----- Material for the task -----

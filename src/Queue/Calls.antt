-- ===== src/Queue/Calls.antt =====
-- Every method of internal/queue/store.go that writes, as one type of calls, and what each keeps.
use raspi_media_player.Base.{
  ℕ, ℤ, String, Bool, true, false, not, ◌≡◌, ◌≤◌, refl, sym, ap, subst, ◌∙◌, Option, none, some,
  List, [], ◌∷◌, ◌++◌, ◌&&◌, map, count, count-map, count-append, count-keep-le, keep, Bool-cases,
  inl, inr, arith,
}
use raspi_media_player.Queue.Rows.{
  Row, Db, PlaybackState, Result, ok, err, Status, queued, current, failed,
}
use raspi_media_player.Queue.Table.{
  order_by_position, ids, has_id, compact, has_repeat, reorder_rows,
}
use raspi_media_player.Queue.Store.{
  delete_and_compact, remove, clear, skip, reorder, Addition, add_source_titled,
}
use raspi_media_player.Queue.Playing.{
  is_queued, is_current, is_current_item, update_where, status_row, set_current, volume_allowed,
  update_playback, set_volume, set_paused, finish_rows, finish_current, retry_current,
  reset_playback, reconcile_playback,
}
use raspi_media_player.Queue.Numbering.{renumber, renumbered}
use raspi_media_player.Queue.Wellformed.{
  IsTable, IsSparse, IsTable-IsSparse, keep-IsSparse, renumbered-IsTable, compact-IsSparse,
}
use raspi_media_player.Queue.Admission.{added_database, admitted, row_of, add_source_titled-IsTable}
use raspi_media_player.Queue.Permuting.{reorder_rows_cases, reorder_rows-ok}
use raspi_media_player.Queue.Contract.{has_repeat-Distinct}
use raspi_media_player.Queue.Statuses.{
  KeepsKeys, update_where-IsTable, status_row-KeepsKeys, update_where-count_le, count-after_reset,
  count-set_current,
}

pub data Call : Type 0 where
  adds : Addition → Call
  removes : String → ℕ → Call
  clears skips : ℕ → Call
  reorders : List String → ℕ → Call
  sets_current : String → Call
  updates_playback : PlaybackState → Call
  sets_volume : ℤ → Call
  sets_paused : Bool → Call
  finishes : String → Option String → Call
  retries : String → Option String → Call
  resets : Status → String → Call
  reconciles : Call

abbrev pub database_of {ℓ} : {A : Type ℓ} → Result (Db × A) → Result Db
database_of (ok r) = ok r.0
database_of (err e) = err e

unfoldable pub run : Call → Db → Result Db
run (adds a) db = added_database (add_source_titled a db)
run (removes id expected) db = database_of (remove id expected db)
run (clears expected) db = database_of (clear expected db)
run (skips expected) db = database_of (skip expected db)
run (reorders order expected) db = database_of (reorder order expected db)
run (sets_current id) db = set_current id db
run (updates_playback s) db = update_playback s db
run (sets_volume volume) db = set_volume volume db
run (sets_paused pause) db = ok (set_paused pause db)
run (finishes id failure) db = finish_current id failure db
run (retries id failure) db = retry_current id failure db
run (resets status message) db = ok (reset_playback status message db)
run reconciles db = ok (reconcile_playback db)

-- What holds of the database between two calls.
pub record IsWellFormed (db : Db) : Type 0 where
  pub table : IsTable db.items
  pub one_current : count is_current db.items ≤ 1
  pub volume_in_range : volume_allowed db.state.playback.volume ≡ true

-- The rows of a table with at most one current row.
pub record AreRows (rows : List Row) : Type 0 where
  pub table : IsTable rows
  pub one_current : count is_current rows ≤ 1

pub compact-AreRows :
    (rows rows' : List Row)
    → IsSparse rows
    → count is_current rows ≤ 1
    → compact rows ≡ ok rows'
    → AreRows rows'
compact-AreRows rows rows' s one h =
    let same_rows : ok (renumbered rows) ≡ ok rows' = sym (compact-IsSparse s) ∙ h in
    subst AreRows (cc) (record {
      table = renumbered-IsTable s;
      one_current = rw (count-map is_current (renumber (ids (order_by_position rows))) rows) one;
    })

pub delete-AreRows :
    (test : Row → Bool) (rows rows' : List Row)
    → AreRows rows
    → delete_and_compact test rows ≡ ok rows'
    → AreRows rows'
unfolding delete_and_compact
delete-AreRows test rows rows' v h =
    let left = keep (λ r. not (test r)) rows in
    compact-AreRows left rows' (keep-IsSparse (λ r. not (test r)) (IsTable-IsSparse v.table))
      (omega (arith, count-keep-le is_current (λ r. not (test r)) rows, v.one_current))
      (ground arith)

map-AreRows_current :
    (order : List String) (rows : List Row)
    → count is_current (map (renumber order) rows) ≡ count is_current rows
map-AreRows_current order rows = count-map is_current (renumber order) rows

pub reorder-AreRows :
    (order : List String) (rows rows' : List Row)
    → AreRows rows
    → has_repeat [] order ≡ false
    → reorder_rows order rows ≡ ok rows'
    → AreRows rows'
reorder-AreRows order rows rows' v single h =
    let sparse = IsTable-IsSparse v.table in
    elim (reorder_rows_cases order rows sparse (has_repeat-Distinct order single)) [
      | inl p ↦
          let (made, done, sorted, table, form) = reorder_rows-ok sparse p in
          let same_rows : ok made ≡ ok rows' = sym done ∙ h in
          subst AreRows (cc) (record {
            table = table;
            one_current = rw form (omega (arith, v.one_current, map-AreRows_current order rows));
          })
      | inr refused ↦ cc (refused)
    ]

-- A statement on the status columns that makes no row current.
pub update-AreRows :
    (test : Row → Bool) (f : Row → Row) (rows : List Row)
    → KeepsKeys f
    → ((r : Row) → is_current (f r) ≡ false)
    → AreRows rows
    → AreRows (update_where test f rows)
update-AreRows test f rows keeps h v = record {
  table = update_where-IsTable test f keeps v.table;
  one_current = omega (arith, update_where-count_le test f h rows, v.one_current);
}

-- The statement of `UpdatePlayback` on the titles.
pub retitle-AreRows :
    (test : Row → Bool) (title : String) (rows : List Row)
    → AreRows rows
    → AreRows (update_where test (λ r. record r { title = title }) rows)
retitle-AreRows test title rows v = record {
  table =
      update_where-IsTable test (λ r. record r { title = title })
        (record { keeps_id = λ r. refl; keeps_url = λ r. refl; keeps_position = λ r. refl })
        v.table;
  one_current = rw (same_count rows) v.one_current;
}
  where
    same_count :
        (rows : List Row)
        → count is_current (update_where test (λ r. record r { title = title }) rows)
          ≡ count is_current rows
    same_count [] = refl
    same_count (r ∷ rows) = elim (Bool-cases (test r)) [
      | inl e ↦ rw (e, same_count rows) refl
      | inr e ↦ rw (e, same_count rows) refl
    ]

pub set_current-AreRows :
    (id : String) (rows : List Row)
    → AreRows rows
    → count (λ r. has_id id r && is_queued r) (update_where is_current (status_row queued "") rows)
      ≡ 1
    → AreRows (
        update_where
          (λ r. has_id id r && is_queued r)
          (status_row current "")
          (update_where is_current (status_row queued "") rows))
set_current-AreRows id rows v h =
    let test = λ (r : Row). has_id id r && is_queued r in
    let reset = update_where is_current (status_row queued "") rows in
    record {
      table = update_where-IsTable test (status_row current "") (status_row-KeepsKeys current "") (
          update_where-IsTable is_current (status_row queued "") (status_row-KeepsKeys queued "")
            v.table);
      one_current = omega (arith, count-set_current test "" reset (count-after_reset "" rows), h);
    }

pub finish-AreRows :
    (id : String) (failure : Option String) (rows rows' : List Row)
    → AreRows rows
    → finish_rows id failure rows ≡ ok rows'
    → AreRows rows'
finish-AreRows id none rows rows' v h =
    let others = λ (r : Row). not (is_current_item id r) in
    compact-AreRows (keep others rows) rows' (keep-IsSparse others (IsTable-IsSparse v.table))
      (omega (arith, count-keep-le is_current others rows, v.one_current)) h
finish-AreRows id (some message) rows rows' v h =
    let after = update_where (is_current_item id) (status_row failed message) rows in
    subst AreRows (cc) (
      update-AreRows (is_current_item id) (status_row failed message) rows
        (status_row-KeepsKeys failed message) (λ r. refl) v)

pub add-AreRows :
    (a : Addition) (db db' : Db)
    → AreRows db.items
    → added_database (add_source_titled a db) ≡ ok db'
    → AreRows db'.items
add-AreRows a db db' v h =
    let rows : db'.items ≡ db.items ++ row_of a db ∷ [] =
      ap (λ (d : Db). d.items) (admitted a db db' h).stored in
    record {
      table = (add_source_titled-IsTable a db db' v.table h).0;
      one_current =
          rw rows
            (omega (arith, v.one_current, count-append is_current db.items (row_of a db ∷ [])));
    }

-----
----- Material for the task -----

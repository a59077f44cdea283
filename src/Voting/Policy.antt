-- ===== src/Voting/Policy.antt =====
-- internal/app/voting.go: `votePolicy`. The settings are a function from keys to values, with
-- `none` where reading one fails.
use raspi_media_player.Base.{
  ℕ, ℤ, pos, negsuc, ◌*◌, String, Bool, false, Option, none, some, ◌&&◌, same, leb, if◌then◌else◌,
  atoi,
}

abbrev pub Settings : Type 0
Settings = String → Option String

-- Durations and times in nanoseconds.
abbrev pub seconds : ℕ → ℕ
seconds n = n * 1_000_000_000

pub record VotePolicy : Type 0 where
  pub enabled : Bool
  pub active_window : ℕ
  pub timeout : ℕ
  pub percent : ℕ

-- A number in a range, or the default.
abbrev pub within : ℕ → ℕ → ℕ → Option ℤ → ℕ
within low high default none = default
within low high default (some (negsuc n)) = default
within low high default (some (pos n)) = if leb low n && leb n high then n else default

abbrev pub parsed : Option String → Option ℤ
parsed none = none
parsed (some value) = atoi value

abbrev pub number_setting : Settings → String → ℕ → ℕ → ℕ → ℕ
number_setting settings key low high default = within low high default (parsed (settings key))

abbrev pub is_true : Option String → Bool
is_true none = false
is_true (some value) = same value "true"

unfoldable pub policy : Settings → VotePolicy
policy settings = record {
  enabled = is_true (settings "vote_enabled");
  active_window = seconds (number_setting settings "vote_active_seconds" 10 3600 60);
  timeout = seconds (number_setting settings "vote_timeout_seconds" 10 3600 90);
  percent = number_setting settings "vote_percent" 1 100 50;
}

-----
----- Material for the task -----

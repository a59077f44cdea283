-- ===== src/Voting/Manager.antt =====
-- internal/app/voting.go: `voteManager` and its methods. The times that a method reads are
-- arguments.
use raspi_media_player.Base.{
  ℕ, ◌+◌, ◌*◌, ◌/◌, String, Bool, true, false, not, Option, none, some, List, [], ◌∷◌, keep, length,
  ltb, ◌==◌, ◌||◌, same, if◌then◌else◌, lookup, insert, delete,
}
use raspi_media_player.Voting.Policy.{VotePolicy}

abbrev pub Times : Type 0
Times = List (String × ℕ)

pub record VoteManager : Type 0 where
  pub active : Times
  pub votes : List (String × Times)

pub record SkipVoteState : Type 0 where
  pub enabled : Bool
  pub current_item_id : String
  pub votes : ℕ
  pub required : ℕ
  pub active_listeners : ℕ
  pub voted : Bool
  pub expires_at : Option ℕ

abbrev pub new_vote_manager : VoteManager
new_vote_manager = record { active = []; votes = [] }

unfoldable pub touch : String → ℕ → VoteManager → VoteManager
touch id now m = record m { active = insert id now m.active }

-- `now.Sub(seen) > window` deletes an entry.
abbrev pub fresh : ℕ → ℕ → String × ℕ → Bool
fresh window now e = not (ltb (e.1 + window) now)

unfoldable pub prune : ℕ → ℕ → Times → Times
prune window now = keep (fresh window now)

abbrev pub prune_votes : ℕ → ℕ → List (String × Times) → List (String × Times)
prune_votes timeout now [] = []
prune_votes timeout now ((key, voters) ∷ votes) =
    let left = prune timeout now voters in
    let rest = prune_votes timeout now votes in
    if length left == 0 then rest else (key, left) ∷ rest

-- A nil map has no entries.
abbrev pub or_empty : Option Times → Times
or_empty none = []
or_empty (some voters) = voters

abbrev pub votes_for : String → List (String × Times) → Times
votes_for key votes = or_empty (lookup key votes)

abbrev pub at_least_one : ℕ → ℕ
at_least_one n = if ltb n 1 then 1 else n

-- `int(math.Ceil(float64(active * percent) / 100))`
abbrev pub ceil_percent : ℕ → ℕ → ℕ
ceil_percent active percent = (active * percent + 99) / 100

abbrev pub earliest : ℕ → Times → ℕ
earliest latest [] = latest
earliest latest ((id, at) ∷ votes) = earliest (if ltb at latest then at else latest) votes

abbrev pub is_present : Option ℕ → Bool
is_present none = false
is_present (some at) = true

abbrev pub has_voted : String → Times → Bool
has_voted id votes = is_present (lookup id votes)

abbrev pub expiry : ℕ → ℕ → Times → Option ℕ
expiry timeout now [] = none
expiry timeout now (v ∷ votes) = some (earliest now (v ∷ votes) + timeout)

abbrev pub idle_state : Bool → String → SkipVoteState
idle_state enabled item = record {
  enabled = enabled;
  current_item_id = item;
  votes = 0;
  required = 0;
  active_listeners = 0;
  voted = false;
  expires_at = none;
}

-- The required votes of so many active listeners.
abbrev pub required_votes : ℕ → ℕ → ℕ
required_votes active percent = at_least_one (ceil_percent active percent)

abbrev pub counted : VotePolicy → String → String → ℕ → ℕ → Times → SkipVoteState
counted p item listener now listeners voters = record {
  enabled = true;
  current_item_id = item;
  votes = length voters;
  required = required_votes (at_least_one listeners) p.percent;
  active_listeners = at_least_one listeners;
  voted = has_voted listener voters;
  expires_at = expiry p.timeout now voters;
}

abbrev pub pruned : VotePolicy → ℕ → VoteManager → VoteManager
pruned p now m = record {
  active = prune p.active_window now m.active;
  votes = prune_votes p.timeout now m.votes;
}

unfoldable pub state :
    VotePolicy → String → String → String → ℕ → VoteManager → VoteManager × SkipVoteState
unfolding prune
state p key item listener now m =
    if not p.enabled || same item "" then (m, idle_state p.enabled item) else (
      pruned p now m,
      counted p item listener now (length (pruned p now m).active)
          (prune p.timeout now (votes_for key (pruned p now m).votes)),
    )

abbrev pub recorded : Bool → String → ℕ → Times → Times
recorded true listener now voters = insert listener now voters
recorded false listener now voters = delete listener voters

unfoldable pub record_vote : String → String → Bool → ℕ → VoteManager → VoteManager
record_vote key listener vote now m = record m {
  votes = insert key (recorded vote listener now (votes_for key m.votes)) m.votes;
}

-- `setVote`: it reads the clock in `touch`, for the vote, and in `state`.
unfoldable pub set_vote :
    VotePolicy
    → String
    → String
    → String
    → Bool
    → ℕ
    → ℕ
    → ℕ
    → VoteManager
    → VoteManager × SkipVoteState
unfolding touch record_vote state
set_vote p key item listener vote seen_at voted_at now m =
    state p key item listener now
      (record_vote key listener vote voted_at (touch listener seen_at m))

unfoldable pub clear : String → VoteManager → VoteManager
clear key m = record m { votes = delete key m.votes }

-----

Problem statement :: Please show every line of the records that holds the word "Addition".

Response ::
  delete_and_compact, remove, clear, skip, reorder, Addition, add_source_titled,
  adds : Addition → Call
    (a : Addition) (db db' : Db)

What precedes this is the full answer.